В своей первой «Критике» Кант утверждает, что «царственные идеи морали конечно заслуживают одобрения и признательности, но ни в коем случае не являются основанием для принятия решения или осуществления». Позднее Кант приходит, однако, к заключению, что практический разум сам по себе в состоянии мотивировать нас. Моральное суждение зависит от способности морали связываться некоторым образом с нашей волей, на основе этой связи у человека возникает надежда на вознаграждение, если он подчиняется моральному закону, в противном случае он может страшиться наказания. Благодаря этой связи «моральная система, таким образом, неразрывна от системы счастья». Наивысшее добро представлено у Канта как объект надежды: то, что рационально оправдано перед «царственными идеями» морали, может быть принято как основание.
По сравнению с более поздними размышлениями на тему наивысшего добра аргументация Канта, изложенная в его первой «Критике», оценивается в меньшей степени. В своих поздних размышлениях Кант приходит к выводу, что мы не нуждаемся в надежде на счастье для того, чтобы принять решение действовать согласно марали. Напротив, такая мотивация оценивается Кантом как неподходящая нашей моральной обязанности. Обязанности существуют не для того, чтобы следовать им, – они должны быть приняты ради их собственной ценности. Таким образом мотивирующая сила самого практического разума может и должна использовать «царственные идеи морали» как основание для их собственного определения и осуществления.
Между тем, Кант не отказывается полностью от обязанности перед наивысшим добром. Он использует это понятие в иной роли, которую описывает в «Критике практического разума» (Kritik der praktischen Vernunft, 1788). Как и в первой «Критике», посвящённой способности разума принимать теоретические выводы, эта работа также содержит трансцендентную диалектику, где Кант исследует поиск практического разума в области «абсолютной тоталитарности основ того, что уже предоставлено». Кант считает необходимым поставить вопрос над тем, почему мы оправданы при признании безусловных основ практического разума, но не теоретического разума.

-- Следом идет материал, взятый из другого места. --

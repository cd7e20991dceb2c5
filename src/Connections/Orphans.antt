-- ===== src/Connections/Orphans.antt =====
-- The SIAM cascade, `revoke_for_users_no_longer_authorized` of connections_service.py.
use lehen.Prelude.{
  ℕ, suc, ◌+◌, String, Bool, false, Option, List, [], ◌∷◌, ◌≡◌, refl, sym, ◌∙◌, ap, map, arith,
  ◌&&◌, filter, length, inl, inr, Bool-cases,
}
use lehen.Prelude.Effects.{Result, ok, err}
use lehen.Prelude.Marked.{mark, map-mark_nil, filter-mark}
use lehen.Arcade.{Arcade, select}
use lehen.Hub.{Connection, Mapping, World, Host}
use lehen.Connections.Rows.{is_active}
use lehen.Connections.Cascade.{
  wipe, wipe_rows, wipe_row, is_orphaned, some_role_maps, wipe_orphans, wipe_orphans_found,
  revoke_for_users_no_longer_authorized,
}
use lehen.Connections.Loops.{siam_mappings-wipe_rows, id_of, rows-wipe_rows}

abbrev siam_change : String
siam_change = "revoked-by-siam-change"

filter-filter :
    (p q : Connection → Bool) (xs : List Connection)
    → filter q (filter p xs) ≡ filter (λ c. p c && q c) xs
filter-filter p q [] = refl
filter-filter p q (x ∷ xs) = ground (arith, filter-filter p q xs)

module _ (arcade : Arcade) (host : Host) (days : ℕ) (previous new : Mapping)
    (request_id : Option String) where
  open arcade use {rows}

  -- `revoked += 1`, after the rest of the loop
  abbrev plus_one : Result ℕ × World arcade → Result ℕ × World arcade
  plus_one (r, w) = elim r [ ok n ↦ (ok (n + 1), w) | err e ↦ (err e, w) ]

  add-one_ok : (n : ℕ) (w : World arcade) → plus_one (ok n, w) ≡ (ok (suc n), w)
  add-one_ok n w = let e : n + 1 ≡ suc n = omega arith in ap (λ m. (ok m, w)) e

  -- The loop wipes the orphaned rows, in order, and counts them.
  wipe_orphans-eq :
      (ts : ℕ) (targets : List Connection) (w : World arcade)
      → wipe_orphans arcade host days previous new ts request_id targets w ≡ (
        ok (length (filter (is_orphaned previous new) targets)),
        (wipe_rows arcade host days ts siam_change request_id
            (filter (is_orphaned previous new) targets)
            w).1,
      )
  unfolding wipe_orphans wipe_rows
  wipe_orphans-eq ts [] w = refl
  wipe_orphans-eq ts (row ∷ rest) w =
      let w' = (wipe_row arcade host days ts siam_change request_id row w).1 in
      elim (Bool-cases (some_role_maps row.integration_instance_id new)) [
        | inl kept ↦ rw kept (wipe_orphans-eq ts rest w)
        | inr gone ↦ elim (Bool-cases (some_role_maps row.integration_instance_id previous)) [
          | inl was ↦ rw (gone, was) (ap plus_one (wipe_orphans-eq ts rest w') ∙ add-one_ok _ _)
          | inr never ↦ rw (gone, never) (wipe_orphans-eq ts rest w)
        ]
      ]

  abbrev cascade : World arcade → Result ℕ × World arcade
  cascade = revoke_for_users_no_longer_authorized arcade host days previous new request_id

  -- An active connection whose instance some role mapped before and none maps now.
  abbrev pub is_lost : Connection → Bool
  is_lost c = is_active c && is_orphaned previous new c

  pub cascade_found :
      (targets : List Connection) (w : World arcade)
      → let (r, w') = wipe_orphans_found arcade host days previous new request_id targets w in
        let lost = filter (is_orphaned previous new) targets in
        (r ≡ ok (length lost))
        × (rows w'.connections
            ≡ map (mark id_of (wipe (host.clock w.readings) siam_change) lost) (rows w.connections))
  unfolding wipe_orphans_found
  cascade_found [] w = (
    refl,
    sym (map-mark_nil id_of (wipe (host.clock w.readings) siam_change) (rows w.connections)),
  )
  cascade_found (row ∷ rest) w =
      let ts : ℕ = host.clock w.readings in
      let w₀ : World arcade = record w { readings = w.readings + 1 } in
      let lost = filter (is_orphaned previous new) (row ∷ rest) in
      rw (wipe_orphans-eq ts (row ∷ rest) w₀)
        (refl, rows-wipe_rows arcade host days ts siam_change request_id lost w₀)

  siam_mappings-found :
      (targets : List Connection) (w : World arcade)
      → (wipe_orphans_found arcade host days previous new request_id targets w).1.siam_mappings
        ≡ w.siam_mappings
  unfolding wipe_orphans_found
  siam_mappings-found [] w = refl
  siam_mappings-found (row ∷ rest) w =
      let ts : ℕ = host.clock w.readings in
      let w₀ : World arcade = record w { readings = w.readings + 1 } in
      rw (wipe_orphans-eq ts (row ∷ rest) w₀) (
        siam_mappings-wipe_rows arcade host days ts siam_change request_id
          (filter (is_orphaned previous new) (row ∷ rest)) w₀)

  pub siam_mappings-cascade : (w : World arcade) → (cascade w).1.siam_mappings ≡ w.siam_mappings
  unfolding revoke_for_users_no_longer_authorized
  siam_mappings-cascade w = siam_mappings-found (select arcade is_active w.connections) w

  wipe-is_lost : (ts : ℕ) (c : Connection) → is_lost (wipe ts siam_change c) ≡ false
  unfolding wipe
  wipe-is_lost ts c = refl

  -- The cascade succeeds with the number of connections that lost their last role, and none of
  -- them is active afterwards.
  pub cascade_complete :
      (w : World arcade)
      → ((cascade w).0 ≡ ok (length (select arcade is_lost w.connections)))
        × (select arcade is_lost (cascade w).1.connections ≡ [])
  unfolding revoke_for_users_no_longer_authorized
  cascade_complete w =
      let found = select arcade is_active w.connections in
      let (answered, marked) = cascade_found found w in
      let lost = filter-filter is_active (is_orphaned previous new) (rows w.connections) in
      (
        answered ∙ ap (λ l. ok (length l)) lost,
        ap (filter is_lost) (
              marked
              ∙ ap
                  (λ l.
                    map (mark id_of (wipe (host.clock w.readings) siam_change) l)
                      (rows w.connections))
                  lost)
            ∙ filter-mark id_of is_lost (wipe (host.clock w.readings) siam_change)
                (wipe-is_lost (host.clock w.readings)) (rows w.connections),
      )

Аргументация первой «Критики» в доказательство наивысшего добра коренится в нашей нужде найти мотивацию для морального поведения. Однако в своей второй «Критике» эта аргументация принимает иной характер: разговор больше не идёт о нашей человеческой нужде в мотивации, – скорее, власть самого морального закона находится в зависимости от наивысшего добра. В отличие от первой «Критики», где наивысшее добро представлено как идеал, во второй «Критике» мы видим, что аргументация Канта основывается на наивысшем добре как обязанности. Наша обязанность устанавливать наивысшее добро «неразрывно связана с моральным законом» и как таковая, следуя логике ««следует» означает «могу»», – «следует» за наивысшим добром, которого обязанность требует, предполагая, что наивысшее добро как идеал возможно.